Where people fail is that they wish to elect a state and remain in it. This is a kind of death. Life is a process of becoming, a combination of states we have to go through. — Anaïs Nin


The “good life”—isn’t that what we all want?

Isn’t that what TV ads and self-help books try to sell? Isn’t it what the Great Traditions urge us to live? Isn’t it what we mean when we say that quality of life is critical?

But what is this good life we long for?

Aristotle said, "Eudemonia (human flourishing) is the meaning and the purpose of life, the whole aim and end of human existence.” But people have argued about what he meant ever since.

Some say a good life is rich in material pleasures, and good feelings—a life of getting, and having. Others say it is a fully engaged life. A life of doing, creating, and enjoying the gratification of mastery in life, work, and relationships. For others, it is a meaningful life, a giving life, lived in service to a purpose or cause; a spiritual life. But, perhaps, it is not one or another of these options.

Could the good life be the harmonious whole that comes from integrating the three lives into one?

Could each life be a clear note that can ring alone, and the good life a coherent chord that emerges when all three are played in harmony?

By combining just enough material with mastery and meaning, could we create happiness, spiritual growth, and enjoy living a simple and truly good life?

Life is good, by BLR (flickr)
Life is good, by BLR (flickr)

The Notes: Living the Basics of A Good, Rich and Simple Life

The first life is one most of us know well; a rich, materially pleasant life. It includes the basics of food, rest, shelter, and a sense of control over our lives. It is rich in things, comforts, and conveniences that make life pleasant.

If we are not aware of the other lives, it is easy to get attached to the material life. If we only focus on accumulating money and stuff, we can end up on what positive psychologists call "the hedonic treadmill"—working and spending in a never-ending loop, wondering why our life feels empty, and joyless .

The second life emerges when we realize that we have enough of the material basics to make life pleasant, and livable. Then, we are free to engage life, and develop mastery that leads to competence, and confidence.

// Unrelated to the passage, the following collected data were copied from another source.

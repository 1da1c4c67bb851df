-- ===== src/Strings/Incr.antt =====
-- `incrDecrCommand`: every way it ends.
use libredis_a.Common.{
  ℕ, ◌+◌, ◌≡◌, ◌≢◌, refl, sym, ap, ◌∙◌, Bool, true, false, Option, none, some, List, if◌then◌else◌,
  is_some, Bool-cases, Option-cases, inl, inr,
}
use libredis_a.Common.Int.{ℤ, ◌+ℤ◌}
use libredis_a.Common.Bytes.{to_word, of_word}
use libredis_a.Sds.{Sds}
use libredis_a.Sds.Keys.{db_dict_type}
use libredis_a.Object.{
  Robj, redis_string, check_type, get_long_long, create_string_object_from_long_long,
}
use libredis_a.Store.{Store}
use libredis_a.Db.{Clocks, Db, db_super_replace}
use libredis_a.Db.View.{View, Stands}
use libredis_a.Db.Writes.{put, db_super_replace-Returns}
use libredis_a.Db.Reads.{used, answer_of}
use libredis_a.Client.{
  Client, redis_ok, redis_err, err_version, err_wrong_type, err_is_not_integer, returns,
  version_conflict, stamp, stamped, version_of, object_of,
}
use libredis_a.Client.Outcome.{
  live, seen, time_set, Leaves, stamp_clock, looked_up_lem, expire_or_not_lem,
}
use libredis_a.Strings.{incr_store, incr_read, incr_checked, incr_decr}
use libredis_a.Strings.Storing.{revalued}

-- The number that is stored: the sum cut to 32 bits.
abbrev pub int32_sum : ℤ → ℤ → ℤ
int32_sum value incr = of_word 4 (to_word 4 (value +ℤ incr))

-- The view with a key's value set, and its time set by the client.
abbrev pub counted : {O : Type 0} → ℤ → View O → Sds → Robj O → View O
counted expiretime w key o = time_set expiretime (put (revalued key o) w key o) key

abbrev pub sum_object : {O : Type 0} → Clocks → ℤ → ℤ → Robj O
sum_object t value incr = create_string_object_from_long_long t.lruclock (int32_sum value incr)

put_there :
    {O : Type 0} (w : View O) (key : Sds) (o : Robj O)
    → is_some ((put (revalued key o) w key o).entries key) ≡ true
put_there w key o = elim (Option-cases (w.entries key)) [
  | inl n ↦ rw (n, db_dict_type.compare_refl key) refl
  | inr (e, n) ↦ rw (n, db_dict_type.compare_refl key, n) refl
]

module _ {O : Type 0} {dicts : Store (Robj O)} {times : Store ℤ} where
  -- A count that is stored and returned.
  pub record Counts (r : Option (Client dicts times)) (value : ℤ) (dirty : ℕ) (w : View O)
      : Type 0 where
    pub leaves : Leaves r redis_ok dirty w
    pub value_is : leaves.after.retvalue ≡ value

  module _ (t : Clocks) (value incr : ℤ) where
    incr_store-Counts :
        (c : Client dicts times) (w : View O)
        → Stands c.db w
        → c.key.logiclock ≢ 0
        → Counts
            (some (incr_store t value incr c))
            (int32_sum value incr)
            (c.dirty + 1)
            (counted c.expiretime w c.key (sum_object t value incr))
    incr_store-Counts c w s real =
        let replaced = db_super_replace-Returns c.db w s c.key (sum_object t value incr) real in
        let c1 = record c {
          db = (db_super_replace c.db c.key (sum_object t value incr)).0;
          dirty = c.dirty + 1;
        } in
        let (db, is, stands) =
          expire_or_not_lem c1 _ replaced.stands (put_there w c.key (sum_object t value incr)) in
        record {
          leaves = record {
            after = incr_store t value incr c;
            is = refl;
            code_is = unfold incr_store in refl;
            dirty_is = unfold incr_store in ap (λ (x : Client dicts times). x.dirty) is;
            stands = unfold incr_store in rw (incr_store, is) stands;
          };
          value_is = unfold incr_store in refl;
        }

  module _ (strtoll : List ℕ → ℤ × List ℕ) (erange : List ℕ → Bool) (t : Clocks)
      (c : Client dicts times) (v : View O) (init incr : ℤ) where
    -- With what `getLongLongFromObject` reads from a present object.
    abbrev pub ReadOutcome : Option (Client dicts times) → Sds → Option (Option ℤ) → Type 0
    ReadOutcome r key none = r ≡ none
    ReadOutcome r key (some none) = Leaves r err_is_not_integer c.dirty (seen t v c.key)
    ReadOutcome r key (some (some value)) =
        Counts r (int32_sum value incr) (c.dirty + 1)
          (counted c.expiretime (seen t v c.key) key (sum_object t value incr))

    -- How `incrDecrCommand` ends, by the live entry of the key.
    abbrev pub IncrOutcome : Option (Client dicts times) → Option (Sds × Robj O) → Type 0
    IncrOutcome r none =
        Counts r (int32_sum init incr) (c.dirty + 1)
          (counted c.expiretime (seen t v c.key) (stamp c false) (sum_object t init incr))
    IncrOutcome r (some e) =
        let c1 = record c { version = (e.0).version } in
        if check_type (e.1) redis_string
        then Leaves r err_wrong_type c.dirty (seen t v c.key)
        else if version_conflict c1
        then Leaves r err_version c.dirty (seen t v c.key)
        else ReadOutcome r (stamp c1 true) (get_long_long strtoll erange (some ((used t e).1)))

    module _ (s : Stands c.db v) (real : c.key.logiclock ≢ 0) where
      from_read :
          (c1 : Client dicts times) (o : Robj O)
          → Stands c1.db (seen t v c.key)
          → c1.key.logiclock ≢ 0
          → c1.dirty ≡ c.dirty
          → c1.expiretime ≡ c.expiretime
          → ReadOutcome
              (incr_read strtoll erange t init incr c1 (some o))
              c1.key
              (get_long_long strtoll erange (some o))
      unfolding incr_read
      from_read c1 o s1 real1 d x = elim (Option-cases (get_long_long strtoll erange (some o))) [
        | inl n ↦ rw n refl
        | inr (none, n) ↦ rw n (record {
          after = returns c1 err_is_not_integer;
          is = refl;
          code_is = refl;
          dirty_is = d;
          stands = s1;
        })
        | inr (some value, n) ↦
            rw (n, ← d, ← x) (incr_store-Counts t value incr c1 (seen t v c.key) s1 real1)
      ]

      from_lookup :
          (db : Db dicts times) (o : Option (Sds × Robj O))
          → Stands db (seen t v c.key)
          → IncrOutcome
              (incr_checked strtoll erange t init incr
                (record c { db = db; version = version_of (answer_of t o); returncode = redis_err })
                (object_of (answer_of t o)))
              o
      unfolding incr_checked
      from_lookup db none s1 =
          let c1 = record c { db = db; version = 0; returncode = redis_err } in
          let real1 : (stamp c1 false).logiclock ≢ 0 = λ z. real (sym (stamp_clock c1 false) ∙ z) in
          unfold incr_read in
          incr_store-Counts t init incr (stamped c1 false) (seen t v c.key) s1 real1
      from_lookup db (some e) s1 =
          let c1 = record c { db = db; version = (e.0).version; returncode = redis_err } in
          let real1 : (stamp c1 true).logiclock ≢ 0 = λ z. real (sym (stamp_clock c1 true) ∙ z) in
          elim (Bool-cases (check_type (e.1) redis_string)) [
            | inl f ↦ rw f (record {
              after = returns c1 err_wrong_type;
              is = refl;
              code_is = refl;
              dirty_is = refl;
              stands = s1;
            })
            | inr f ↦ elim (Bool-cases (version_conflict c1)) [
              | inl g ↦
                  rw (f, g)
                    (record {
                      after = returns c1 err_version;
                      is = refl;
                      code_is = refl;
                      dirty_is = refl;
                      stands = s1;
                    })
              | inr g ↦ rw (f, g) (from_read (stamped c1 true) ((used t e).1) s1 real1 refl refl)
            ]
          ]

      -- On a database that stands for a view, with a key that has a logical clock, incrDecrCommand
      -- reports an entry of another type, a version conflict or a value that is no integer, and
      -- otherwise stores and returns the sum of the value, or of the initial one of a missing key,
      -- and the increment, cut to 32 bits; it asserts nothing but what getLongLongFromObject
      -- asserts of the object.
      pub incr_decr_lem : IncrOutcome (incr_decr strtoll erange t c init incr) (live t v c.key)
      incr_decr_lem =
          let (db, is, stands) = looked_up_lem t (returns c redis_err) v s in
          unfold incr_decr in rw (incr_decr, is) (from_lookup db (live t v c.key) stands)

A masterful life enables us to challenge ourselves, and grow by stretching physically, mentally, emotionally, and socially. It enables us to discover our strengths, and use them in ways that lead to mastery, flow, and deep gratification.

We all find different areas to exercise our strengths and develop master. Some do so in their work and careers. Some become masterful parents. Some master rockclimbing, or yoga, or a second language. There is not end to the things we can master, so long as we focus on one area at a time. But if we do, mastery brings us true competence, and authentic confidence.

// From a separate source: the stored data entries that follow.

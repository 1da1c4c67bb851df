-- ===== src/Strings/Examples.antt =====
-- The theorems on the string commands at concrete clients.
use libredis_a.Common.{◌≡◌, refl, true, false, none, some, [], ◌∷◌, arith}
use libredis_a.Common.Int.{pos, ◌+ℤ◌}
use libredis_a.Common.Bytes.{of_word, to_word}
use libredis_a.Util.{same_bytes}
use libredis_a.Util.Strtoll.{strtoll, strtoll-IsStrtoll}
use libredis_a.Sds.{sds_key_compare}
use libredis_a.Object.{
  Robj, create_string_object, create_string_object_from_long_long, get_long, get_long_long,
}
use libredis_a.Db.Writes.{updated}
use libredis_a.Db.Init.{nothing, new_db-Stands}
use libredis_a.Db.Sample.{
  Nothing, dicts, times, key, word, seven, clocks, one_view, one_db-Stands, real,
}
use libredis_a.Client.{Client, redis_ok}
use libredis_a.Client.Outcome.{Leaves, seen}
use libredis_a.Client.Sample.{client, new_client}
use libredis_a.Strings.{set_generic, set_command, get_generic, incr_decr}
use libredis_a.Strings.Set.{TimedOutcome, set_generic_lem}
use libredis_a.Strings.Storing.{set_time, revalued}
use libredis_a.Strings.Get.{Returns, set_get}
use libredis_a.Strings.Incr.{Counts, incr_decr_lem, counted}

-- The client's version 4 is the stored one; the key's next version is 5. With "7" as seconds the
-- key gets a time, and with "hi" nothing is set.
set_generic_lem_example :
    Leaves (set_generic strtoll (λ s. false) clocks client false word none) redis_ok 1 (
      set_time none
        (pos 0)
        (updated
          (revalued (record key { version = 5 }) word)
          (seen clocks one_view key)
          (record key { version = 5 }))
        (record key { version = 5 }))
    × ((expire : Robj Nothing)
        → TimedOutcome clocks client one_view false word
            (get_long strtoll (λ s. false) (some expire))
            (set_generic strtoll (λ s. false) clocks client false word (some expire)))
unfolding sds_key_compare same_bytes
set_generic_lem_example =
    set_generic_lem clocks client one_view one_db-Stands real false word strtoll (λ s. false)

set_for_seconds :
    Leaves (set_generic strtoll (λ s. false) clocks client false word (some seven)) redis_ok 1 (
      set_time
        (some (pos 7))
        (pos 0)
        (updated
          (revalued (record key { version = 5 }) word)
          (seen clocks one_view key)
          (record key { version = 5 }))
        (record key { version = 5 }))
unfolding sds_key_compare same_bytes get_long get_long_long
set_for_seconds =
    (set_generic_lem clocks client one_view one_db-Stands real false word strtoll (λ s. false)).1
      seven

-- "-7" is stored as an integer, and read as that.
set_get_example :
    (a : Client dicts times) × (set_command strtoll
        (λ s. false)
        clocks
        new_client
        false
        (create_string_object 0 (45 ∷ 55 ∷ []) 0 0)
      ≡ some a)
    × Returns clocks new_client nothing
        (get_generic clocks (record new_client { db = a.db }))
        (45 ∷ 55 ∷ [])
set_get_example =
    set_get strtoll strtoll-IsStrtoll (λ s. false) clocks new_client nothing 0 (45 ∷ 55 ∷ []) 0 0
      false (new_db-Stands true) real (omega arith) refl refl

-- 7 and 5 make 12.
incr_decr_lem_example :
    Counts (incr_decr strtoll (λ s. false) clocks client (pos 0) (pos 5)) (pos 12) 1 (
      counted
        (pos 0)
        (seen clocks one_view key)
        (record key { version = 5 })
        (create_string_object_from_long_long 9 (pos 12)))
unfolding sds_key_compare same_bytes get_long_long ◌+ℤ◌ of_word to_word
incr_decr_lem_example =
    incr_decr_lem strtoll (λ s. false) clocks client one_view (pos 0) (pos 5) one_db-Stands real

Materially secure and masterful, we are free to explore a meaningful life. We stretch our consciousness, expand our compassion, and search for our spiritual moorings. We draw on strengths developed earlier to undertake challenges that expand our sense of self. We look for opportunties to give of ourselves in service of a greater good. Expansion of consciousness diminishes ego. It increases our connection to the world, and to the systems of life on which all of our health, wealth, and well being depend. Caring for and acting on thing we care deeply about produces a profound sense of meaning.

All three lives are important. But, too often, as Nin cautions, we become attached to one, at the expense of the others. When we over-simplify, and think there is just one life, we lose the richness of living that could come from integrating all three into Aristotle's flourishing life.

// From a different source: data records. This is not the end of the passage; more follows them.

-- ===== src/Util/Examples.antt =====
-- Runs of util.c, and its theorems at concrete inputs.
use libredis_a.Common.{◌<◌, ◌≡◌, refl, ◌↔◌, ◌⊎◌, none, some, [], ◌∷◌, arith, length}
use libredis_a.Common.Int.{ℤ, negsuc}
use libredis_a.Common.Bytes.{Fits}
use libredis_a.Util.{
  digits_loop, text, copy, ll2string, same_bytes, string_as_long_long, string_as_long,
}
use libredis_a.Util.Canonical.{Prints, ll2string_lem, string_as_long_lem}
use libredis_a.Util.Strtoll.{strtoll, strtoll-IsStrtoll}

program : Unit {0}
unfolding digits_loop text copy ll2string same_bytes string_as_long_long string_as_long
program = tt

-- "-120", and its first two characters where the buffer has three bytes.
print_negative : ll2string 32 (negsuc 119) ≡ (45 ∷ 49 ∷ 50 ∷ 48 ∷ [], 4)
unfolding program
print_negative = refl

print_short : ll2string 3 (negsuc 119) ≡ (45 ∷ 49 ∷ [], 2)
unfolding program
print_short = refl

ll2string_lem_example :
    (Prints (negsuc 119) (ll2string 32 (negsuc 119)).0 ⊎ (32 < 22))
    × ((ll2string 32 (negsuc 119)).1 < 32)
    × (length (ll2string 32 (negsuc 119)).0 ≡ (ll2string 32 (negsuc 119)).1)
ll2string_lem_example = ll2string_lem 32 (negsuc 119) (omega arith) (omega arith)

string_as_long_lem_example :
    ((v : ℤ)
      → (string_as_long_long strtoll (45 ∷ 55 ∷ []) ≡ some v)
        ↔ (Fits 8 v × ((ll2string 32 v).0 ≡ 45 ∷ 55 ∷ [])))
    × (string_as_long strtoll (45 ∷ 55 ∷ []) ≡ string_as_long_long strtoll (45 ∷ 55 ∷ []))
string_as_long_lem_example = string_as_long_lem strtoll strtoll-IsStrtoll (45 ∷ 55 ∷ [])

-- "-7" is the print of an integer, "007" is not.
reads_seven : string_as_long_long strtoll (45 ∷ 55 ∷ []) ≡ some (negsuc 6)
unfolding program
reads_seven = refl

zeros_refused : string_as_long_long strtoll (48 ∷ 48 ∷ 55 ∷ []) ≡ none
unfolding program
zeros_refused = refl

It's best to see these lives as levels of personal evolution in a rising spiral of development. Crafting a materially pleasant life is an essential step in an evolving process of life-creation. Engaging life by matching strengths to challenges creates mastery, flow. and gratification. Widening our circle of compassion allows us to transcend our small selves, to honour the Earth, and to honour the Spirit that dwells in each of us, as us.

Each level is a step toward the whole. Each complements the others. As we pass through them we “glimpse,” as Maslow put it, “in our most perfect moments.” By weaving them together we create an integrated, flourishing life.

But, we don't just pass through them and are done with them. We are in all of these different life levels at the same time, to differing degrees. We may be mainly focused on a material life, but still stretching for mastery in small areas, and still exploring our spirit. We may be devoting ourselves to mastery, yet still have to pay the bills and fix the roof when it leaks. And, as to a spirtual life, I've always liked the phrase, "Before enlightenment, chop wood, carry water; after enlightenment, chop wood, carry water."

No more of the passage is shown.